Such close loop means have been disclosed following various embodiments in applications PCT/EP2014/073662, FR3013080 and FR1457078.

Nowadays, the demands are constantly rising and the requests for more stringent performances and improved anti-pollution behavior are required. Indeed under very high pressure and very fast needle displacements, the needle member can slightly bend or be angled relative to the nozzle body axis and, when the needle reaches the closed position an initial contact between the two seating faces occurs before they get in sealing abutment closing the fluid communication toward the spray holes. Another reason for this effect can also be a slight misalignment between the upper guide and the lower guide, said misalignment being related to manufacturing tolerances. When said initial contact occurs, the electrical circuit closes and a closing signal is sent to the ECU while indeed, the fluid communication is not yet perfectly sealed, the needle continuing its closing displacement in sliding with friction against the inner wall of the nozzle body. This inaccuracy of needle closed position allows for fuel droplets to form and exit the spray holes when this should not happen.

Similarly, when an injection event is commanded by the ECU, the needle member starts to lift off but, during the initial stage of the move, the two seating faces maintain a temporary partial contact while the fluid communication already opens.
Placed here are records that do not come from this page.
-- ===== src/Transport/Receiving.antt =====
-- `_read_exact` and the reading of a frame by `recv_msg` (shard/shard/transport.py), over a stream that
-- arrives in pieces of any size.
use mathlib.Core.List.{append_assoc, append-nil}
use shard_glm_image.Base.{
  ℕ, zero, suc, ◌-◌, ◌≤◌, ◌<◌, ◌≡◌, ◌∙◌, refl, sym, ap, subst, List, [], ◌∷◌, ◌++◌, arith, length,
  take, drop, ltb, leb, ◌==◌, if◌then◌else◌, Bool-cases, inl, inr, All,
}
use shard_glm_image.Transport.Bytes.{
  Bytes, pack_be, unpack_be, unpack_be-pack_be, length-pack_be, limit,
}
use shard_glm_image.Transport.Sending.{concat}

pub data Received (A : Type 0) : Type 0 where
  -- what is received, and the pieces that are still to be read
  got : A → List Bytes → Received A
  connection_error : Received A

-- One call of `recv_into` for at most `n` bytes: what it gives of the next piece, and the pieces left.
-- An empty piece is the end of the stream.
unfoldable pub recv_into : ℕ → List Bytes → Bytes × List Bytes
recv_into n [] = ([], [])
recv_into n (p ∷ pieces) = if leb (length p) n then (p, pieces) else (take n p, drop n p ∷ pieces)

abbrev pub after : Bytes → Received Bytes → Received Bytes
after buf (got rest pieces) = got (buf ++ rest) pieces
after buf connection_error = connection_error

-- `_read_exact`, on one more than `n` as fuel: each call gives at least one byte.
unfoldable pub read_exact : ℕ → ℕ → List Bytes → Received Bytes
unfolding recv_into
read_exact fuel zero pieces = got [] pieces
read_exact zero (suc n) pieces = connection_error
read_exact (suc fuel) (suc n) pieces =
    let (r, pieces') = recv_into (suc n) pieces in
    let rest = read_exact fuel (suc n - length r) pieces' in
    if length r == 0 then connection_error else after r rest

-- The frame behind its length, which is refused if it is over the cap.
unfoldable pub read_body : ℕ → Received Bytes → Received Bytes
unfolding read_exact
read_body max_frame connection_error = connection_error
read_body max_frame (got prefix rest) =
    let n = unpack_be 0 prefix in
    let frame = read_exact n n rest in if ltb max_frame n then connection_error else frame

-- What `recv_msg` reads.
unfoldable pub read_frame : ℕ → List Bytes → Received Bytes
unfolding read_body
read_frame max_frame pieces = read_body max_frame (read_exact 8 8 pieces)

-- The bytes of `send_msg`: the length in front of the frame.
abbrev pub framed : Bytes → Bytes
framed frame = pack_be 8 (length frame) ++ frame

-- Pieces of which none is empty, as a stream that is still open gives them.
abbrev pub Arriving : List Bytes → Type 0
Arriving pieces = All (λ p. 0 < length p) pieces

-- `want` is received, and what is still to be read is `others`.
abbrev pub Left : {A : Type 0} → A → Bytes → Received A → Type 0
Left want others r =
    (pieces : List Bytes) × (r ≡ got want pieces) × Arriving pieces × (concat pieces ≡ others)

split_short :
    (p c want others : Bytes)
    → p ++ c ≡ want ++ others
    → length p ≤ length want
    → (want ≡ p ++ drop (length p) want) × (c ≡ drop (length p) want ++ others)
split_short [] c want others e h = (refl, e)
split_short (x ∷ p) c [] others e h = absurd (omega arith)
split_short (x ∷ p) c (w ∷ want) others e h =
    ground (arith, e, split_short p c want others (ground (arith, e)) (omega arith))

split_long :
    (p c want others : Bytes)
    → p ++ c ≡ want ++ others
    → length want ≤ length p
    → (take (length want) p ≡ want) × (drop (length want) p ++ c ≡ others)
split_long p c [] others e h = (refl, e)
split_long [] c (w ∷ want) others e h = absurd (omega arith)
split_long (x ∷ p) c (w ∷ want) others e h =
    ground (arith, e, split_long p c want others (ground (arith, e)) (omega arith))

length-drop : (k : ℕ) (xs : Bytes) → length (drop k xs) ≡ length xs - k
length-drop zero xs = omega arith
length-drop (suc k) [] = omega arith
length-drop (suc k) (x ∷ xs) = omega (arith, length-drop k xs)

read_step :
    (fuel n : ℕ) (pieces : List Bytes) (r : Bytes) (pieces' : List Bytes)
    → recv_into (suc n) pieces ≡ (r, pieces')
    → 0 < length r
    → read_exact (suc fuel) (suc n) pieces ≡ after r (read_exact fuel (suc n - length r) pieces')
unfolding read_exact
read_step fuel n pieces r pieces' e h = rw (e, read_exact) (ground (arith, h))

recv_short : (n : ℕ) (p : Bytes) (ps : List Bytes) → length p ≤ n → recv_into n (p ∷ ps) ≡ (p, ps)
unfolding recv_into
recv_short n p ps h = ground (arith, h)

recv_long :
    (n : ℕ) (p : Bytes) (ps : List Bytes)
    → n < length p
    → recv_into n (p ∷ ps) ≡ (take n p, drop n p ∷ ps)
unfolding recv_into
recv_long n p ps h = ground (arith, h)

read_exact-Left :
    (fuel : ℕ) (want others : Bytes) (pieces : List Bytes)
    → length want ≤ fuel
    → Arriving pieces
    → concat pieces ≡ want ++ others
    → Left want others (read_exact fuel (length want) pieces)
unfolding read_exact
read_exact-Left fuel [] others pieces h a e = (pieces, refl, a, e)
read_exact-Left zero (w ∷ want) others pieces h a e = absurd (omega arith)
read_exact-Left (suc fuel) (w ∷ want) others [] h a e = absurd (ground (arith, e))
read_exact-Left (suc fuel) (w ∷ want) others (p ∷ pieces) h (some_bytes, a) e =
    let n = length want in
    elim (Bool-cases (leb (length p) (suc n))) [
      | inl y ↦
          let (first, second) =
            split_short p (concat pieces) (w ∷ want) others e (ground (arith, y)) in
          let rest = drop (length p) (w ∷ want) in
          let size : length rest ≡ suc n - length p = length-drop (length p) (w ∷ want) in
          let (left, found, a', e') =
            read_exact-Left fuel rest others pieces (omega (arith, size, some_bytes, h)) a second in
          (
            left,
            read_step fuel n (p ∷ pieces) p pieces (recv_short (suc n) p pieces (ground (arith, y)))
                  some_bytes
                ∙ ap (λ (k : ℕ). after p (read_exact fuel k pieces)) (sym size)
                ∙ ap (after p) found
                ∙ ap (λ (b : Bytes). got b left) (sym first),
            a',
            e',
          )
      | inr big ↦
          let (first, second) =
            split_long p (concat pieces) (w ∷ want) others e (ground (arith, big)) in
          let r = take (suc n) p in
          let size : length r ≡ suc n = ap length first in
          let zero_left : suc n - length r ≡ 0 = omega (arith, size) in
          let behind = drop (suc n) p ∷ pieces in
          (
            behind,
            read_step fuel n (p ∷ pieces) r behind
                  (recv_long (suc n) p pieces (ground (arith, big))) (omega (arith, size))
                ∙ ap (λ (k : ℕ). after r (read_exact fuel k behind)) zero_left
                ∙ ap (λ (b : Bytes). got b behind) (append-nil r ∙ first),
            (ground (arith, big, length-drop (suc n) p), a),
            second,
          )
    ]

read_body-prefix :
    (max_frame n : ℕ) (rest : List Bytes)
    → n < limit 8
    → n ≤ max_frame
    → read_body max_frame (got (pack_be 8 n) rest) ≡ read_exact n n rest
unfolding read_body
read_body-prefix max_frame n rest fits small =
    rw (unpack_be-pack_be 8 n fits) (ground (arith, small))

read_body-oversize :
    (max_frame n : ℕ) (rest : List Bytes)
    → n < limit 8
    → max_frame < n
    → read_body max_frame (got (pack_be 8 n) rest) ≡ connection_error
unfolding read_body
read_body-oversize max_frame n rest fits big = rw (unpack_be-pack_be 8 n fits) (ground (arith, big))

-- A frame that was sent is received, whatever pieces the stream arrives in: `recv_msg` reads exactly
-- its bytes and leaves exactly what was sent after it, if the frame is no longer than the cap and its
-- length fits in the 8 bytes of the prefix.
pub read_frame-framed :
    (max_frame : ℕ) (frame others : Bytes) (pieces : List Bytes)
    → length frame ≤ max_frame
    → length frame < limit 8
    → Arriving pieces
    → concat pieces ≡ framed frame ++ others
    → Left frame others (read_frame max_frame pieces)
unfolding read_frame
read_frame-framed max_frame frame others pieces small fits a e =
    let prefix = pack_be 8 (length frame) in
    let width : length prefix ≡ 8 = length-pack_be 8 (length frame) in
    let (rest, found, a', e') =
      read_exact-Left 8 prefix (frame ++ others) pieces (omega (arith, width)) a
        (e ∙ append_assoc prefix frame others) in
    let (left, found', a'', e'') =
      read_exact-Left (length frame) frame others rest (omega arith) a' e' in
    let found8 : read_exact 8 8 pieces ≡ got prefix rest =
      subst (λ (k : ℕ). read_exact 8 k pieces ≡ got prefix rest) width found in
    (
      left,
      ap (read_body max_frame) found8
          ∙ read_body-prefix max_frame (length frame) rest fits small
          ∙ found',
      a'',
      e'',
    )

-- A frame that claims more than the cap is refused before any of it is read.
pub read_frame_oversize :
    (max_frame n : ℕ) (others : Bytes) (pieces : List Bytes)
    → max_frame < n
    → n < limit 8
    → Arriving pieces
    → concat pieces ≡ pack_be 8 n ++ others
    → read_frame max_frame pieces ≡ connection_error
unfolding read_frame
read_frame_oversize max_frame n others pieces big fits a e =
    let prefix = pack_be 8 n in
    let width : length prefix ≡ 8 = length-pack_be 8 n in
    let (rest, found, a', e') = read_exact-Left 8 prefix others pieces (omega (arith, width)) a e in
    let found8 : read_exact 8 8 pieces ≡ got prefix rest =
      subst (λ (k : ℕ). read_exact 8 k pieces ≡ got prefix rest) width found in
    ap (read_body max_frame) found8 ∙ read_body-oversize max_frame n rest fits big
Both in closing and in opening mode, the ECU receives an incorrect signal corresponding to a closed position of the needle while indeed, it is still, or already, open.

SUMMARY OF THE INVENTION

It is an object of the invention to resolve or at least mitigate the above mentioned problem by providing a nozzle assembly of a fuel injector, the nozzle assembly comprising a nozzle body having a peripheral wall defining an internal bore in which a needle member extending from a head extremity to a pointy extremity is slidably guided and is adapted to translate under the influence of a differential of pressure between the pressure in a control chamber, generating a closing force on the head of the needle and, the pressure on the pointy extremity generating an opening force on said needle, the needle translating between a closed position.

Also, a moving seating face integral to the pointy extremity of the needle is in sealing contact against a fixed seating face integral to the nozzle body thus closing a fluid communication and forbidding fuel injection via spray holes arranged through the peripheral wall of the nozzle body and, an open position wherein the moving seating face is lifted away from the fixed seating face thus opening said fluid communication and enabling fuel injection through the spray holes.

The nozzle assembly is further provided with an electrical circuit comprising the needle member, the nozzle body, isolation means preventing electrical contact between the needle member and the nozzle body when the needle is in ballistic mode, between the open and the closed positions and, conductive means enabling electrical contact between the moving seating face and the fixed seating face when the needle is in closed position so that, an electrical signal enabling contact detection between the two seating faces is measurable between the needle member and the nozzle body.

Advantageously, the nozzle assembly further comprises a piezoresistive device configured to continuously vary said electrical signal during the final closing displacements, or the initial opening displacements, of the needle, the variations of the signal being a function of the differential of pressure.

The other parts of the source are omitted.